The British historian Sir Ian Kershaw has, in reaction to the appearance of his new book ‘Ten Decisons that changed the world, 1940-1941’, commented to Bush and Blair and compared them with Roosevelt and Churchill, whom (he claims) have performed as their respective rolemodels.

His assumptions are not very worldshocking: most of the common current leadership theories emphasise at least marginal consulting with your ‘disciples’. Then, decisionmaking-ability (decision-fähigkeit) is often mingled (or replaced) with dictatorial behavior. Churchills decision to continue the war is generally contributed to his stubbornness, where it was actually taken after days of consulting with the war-cabinet. On the other hand, apparently Blair decided to join the Iraq-war based upon personal convictions and visions.
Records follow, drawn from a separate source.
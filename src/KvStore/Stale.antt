-- ===== src/KvStore/Stale.antt =====
-- A snapshot whose offset lies behind the end of the log, as a `ClearPersistence` leaves it that
-- stops between the log and the snapshot: what is logged from then on is passed over.
use agent_kv.Prelude.{
  ℕ, ◌≤◌, ◌<◌, ◌^◌, Bytes, [], length, Option, some, subst, true, ◌≡◌, ◌≢◌, ◌∙◌, arith,
}
use agent_kv.Exec.{Result, ok}
use agent_kv.Map.{Map, IsMap}
use agent_kv.Disk.{Disk, Channel, max_offset}
use agent_kv.Disk.Writes.{Holds, Wrote}
use agent_kv.Snapshot.Image.{image, IsStorable}
use agent_kv.Snapshot.Load.{load-image}
use agent_kv.Wal
use agent_kv.Wal.Frame.{Op, frame, IsWritable}
use agent_kv.Wal.Append.{append, append-Wrote}
use agent_kv.Wal.Emptied.{Emptied, clear-Emptied}
use agent_kv.Wal.Lost.{replay_from_behind}
use agent_kv.KvStore.{KvStore, recover}
use agent_kv.KvStore.Recovery.{recover-ok}

recover_stale :
    (wal_path snapshot_path : Bytes) (d : Disk) (k : KvStore) (n : ℕ) (base : Map) (log : Bytes)
    → d.files snapshot_path ≡ some (image n base)
    → IsStorable base
    → IsMap base
    → length base < 2 ^ 32
    → d.files wal_path ≡ some log
    → length log ≤ n
    → n ≤ max_offset
    → k.entries ≡ []
    → recover wal_path snapshot_path (record { store = k; disk = d }) ≡ (
      ok (record { loaded = true; entry_count = length base; wal_offset = n }, 0),
      record { store = record k { entries = base }; disk = d },
    )
recover_stale wal_path snapshot_path d k n base log snap storable map few file short small empty =
    recover-ok wal_path snapshot_path (record { store = k; disk = d })
      (load-image snapshot_path d n base k.entries snap storable map few (omega arith))
      (replay_from_behind wal_path d n log base file short small)

-- What was acknowledged to the caller: the bytes are in the log.
acknowledged :
    (wal_path bytes : Bytes) (others : Bytes → Option Bytes) (r : Result (Unit {0}) × Channel)
    (c : Channel)
    → r ≡ (ok tt, c)
    → Wrote wal_path [] bytes others r
    → Holds wal_path bytes others c
acknowledged wal_path bytes others r c e w = (subst (Wrote wal_path [] bytes others) e w).1

-- `ClearPersistence` has cleared the log and the process dies before the snapshot, of any map, is
-- removed. An operation whose record is no longer than the offset in that snapshot is then appended
-- and acknowledged: a restart recovers the old map of the snapshot and not the operation.
pub recover_interrupted :
    (snapshot_path : Bytes) (c c₁ c₂ : Channel) (k : KvStore) (n : ℕ) (base : Map) (op : Op)
    → c.output.path ≢ snapshot_path
    → c.disk.files snapshot_path ≡ some (image n base)
    → IsStorable base
    → IsMap base
    → length base < 2 ^ 32
    → n ≤ max_offset
    → Wal.clear c ≡ (ok tt, c₁)
    → IsWritable op
    → append op c₁ ≡ (ok tt, c₂)
    → length (frame op) ≤ n
    → k.entries ≡ []
    → recover c.output.path snapshot_path (record { store = k; disk = c₂.disk }) ≡ (
      ok (record { loaded = true; entry_count = length base; wal_offset = n }, 0),
      record { store = record k { entries = base }; disk = c₂.disk },
    )
recover_interrupted snapshot_path c c₁ c₂ k n base op apart snap storable map few small cleared w
      appended short empty =
    let (up, h) = subst (Emptied c.output.path c.disk.files) cleared (clear-Emptied c) in
    let h' =
      acknowledged c.output.path (frame op) c.disk.files (append op c₁) c₂ appended
        (append-Wrote op c₁ up h w) in
    recover_stale c.output.path snapshot_path c₂.disk k n base (frame op)
      (h'.rest snapshot_path apart ∙ snap) storable map few h'.file short small empty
His conclusion is simple: where democratic leaders are more bound in the decisions they take, sometimes hindered (which may lead to stalling and delay) their decisions are inevitably more balanced and better reasoned upon. Dictatorial decisions, while fast and unified, in the end are bound to end up in catastrophe, when decisions will invariably be made in emotion, misinformation, misdirection or otherwise upon false information.

In military Leadership models, the following matrix is often used:
Directive (leader tells, decides and monitors; followers listen and act; best in extreme stress/timelimit situations),
Consultative (leader consults followers, then decides; followers inform and act; best in mid-to-high stress/timelimit situations),
Groupdecision (leader leads meeting, group decides and acts; best when acceptance of change or decision is needed),
Subassertive / Delegational (leaders gives over decisionmaking to followers; depending on charisma of leader and his final power he is either subassertive (followers do not listen to or respect the leader), or he is delegational (gives out grand strategy, cadre, resources, then trusts them to act responsible); best for day-to-day business and standard situations using SOP’s).

Usually, consultative and delegational leadership styles work best in the long term (depending on stress level and time limits of course).

A post on www.managementteam.nl (Dutch) sais about the same thing by the way.